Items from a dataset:
____________
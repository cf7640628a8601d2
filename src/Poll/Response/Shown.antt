-- ===== src/Poll/Response/Shown.antt =====
-- bjnp/src/poll/response.rs: `Display` of `Interrupt` and of `Response`.
use scanner_button.Prelude.{ℕ, List, [], ◌++◌, Option, none, some}
use scanner_button.Rust.Format.{Formatter, Display, codes, pad, hex_prefixed}
use scanner_button.Serdes.Field.{Field}
use scanner_button.Serdes.Shown.{field_shown, write_nested}
use scanner_button.Header.{optional_shown}
use scanner_button.Poll.Response.Types.{
  color_mode_field, size_field, format_field, dpi_field, source_field, feeder_type_field,
  feeder_orientation_field,
}
use scanner_button.Poll.Response.Button.{Interrupt}
use scanner_button.Poll.Response.Wire.{Response}

unfoldable pub optional_field : {A : Type 0} → List ℕ → Field A → Option A → List ℕ
optional_field label field none = []
optional_field label field (some x) = label ++ field_shown field x

unfoldable pub interrupt_line : Interrupt → List ℕ
interrupt_line i =
    codes "interrupt: color_mode="
    ++ (field_shown color_mode_field i.color_mode
        ++ (codes " size="
            ++ (field_shown size_field i.size
                ++ (codes " source="
                    ++ (field_shown source_field i.source
                        ++ (codes " format="
                            ++ (field_shown format_field i.format
                                ++ (codes " dpi="
                                    ++ (field_shown dpi_field i.dpi
                                        ++ (optional_field (codes " feeder_type=") feeder_type_field
                                              i.feeder_type
                                            ++ optional_field (codes " feeder_orientation=")
                                                feeder_orientation_field
                                                i.feeder_orientation))))))))))

instance abbrev pub interrupt_display : Display Interrupt
interrupt_display = record { fmt = λ i f. pad f [] ++ interrupt_line i }

unfoldable pub response_line : Response → List ℕ
response_line r =
    codes "status="
    ++ (hex_prefixed 8 r.status
        ++ (optional_shown (codes " session_id=") r.session_id
            ++ optional_shown (codes " action_id=") r.action_id))

unfoldable pub nested_interrupt : Formatter → Option Interrupt → List ℕ
nested_interrupt f none = []
nested_interrupt f (some i) = write_nested f i

instance abbrev pub response_display : Display Response
response_display = record {
  fmt = λ r f. pad f [] ++ (response_line r ++ nested_interrupt f r.interrupt);
}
____________
= Exercise =
Please restate each record exactly as it reads.

= Answer space =
repository cf7640628a8601d2
filename src/Poll/Response/Shown.antt
-- ===== src/Poll/Response/Shown.antt =====
-- bjnp/src/poll/response.rs: `Display` of `Interrupt` and of `Response`.
use scanner_button.Prelude.{ℕ, List, [], ◌++◌, Option, none, some}
use scanner_button.Rust.Format.{Formatter, Display, codes, pad, hex_prefixed}
use scanner_button.Serdes.Field.{Field}
use scanner_button.Serdes.Shown.{field_shown, write_nested}
use scanner_button.Header.{optional_shown}
use scanner_button.Poll.Response.Types.{
  color_mode_field, size_field, format_field, dpi_field, source_field, feeder_type_field,
  feeder_orientation_field,
}
use scanner_button.Poll.Response.Button.{Interrupt}
use scanner_button.Poll.Response.Wire.{Response}

unfoldable pub optional_field : {A : Type 0} → List ℕ → Field A → Option A → List ℕ
optional_field label field none = []
optional_field label field (some x) = label ++ field_shown field x

unfoldable pub interrupt_line : Interrupt → List ℕ
interrupt_line i =
    codes "interrupt: color_mode="
    ++ (field_shown color_mode_field i.color_mode
        ++ (codes " size="
            ++ (field_shown size_field i.size
                ++ (codes " source="
                    ++ (field_shown source_field i.source
                        ++ (codes " format="
                            ++ (field_shown format_field i.format
                                ++ (codes " dpi="
                                    ++ (field_shown dpi_field i.dpi
                                        ++ (optional_field (codes " feeder_type=") feeder_type_field
                                              i.feeder_type
                                            ++ optional_field (codes " feeder_orientation=")
                                                feeder_orientation_field
                                                i.feeder_orientation))))))))))

instance abbrev pub interrupt_display : Display Interrupt
interrupt_display = record { fmt = λ i f. pad f [] ++ interrupt_line i }

unfoldable pub response_line : Response → List ℕ
response_line r =
    codes "status="
    ++ (hex_prefixed 8 r.status
        ++ (optional_shown (codes " session_id=") r.session_id
            ++ optional_shown (codes " action_id=") r.action_id))

unfoldable pub nested_interrupt : Formatter → Option Interrupt → List ℕ
nested_interrupt f none = []
nested_interrupt f (some i) = write_nested f i

instance abbrev pub response_display : Display Response
response_display = record {
  fmt = λ r f. pad f [] ++ (response_line r ++ nested_interrupt f r.interrupt);
}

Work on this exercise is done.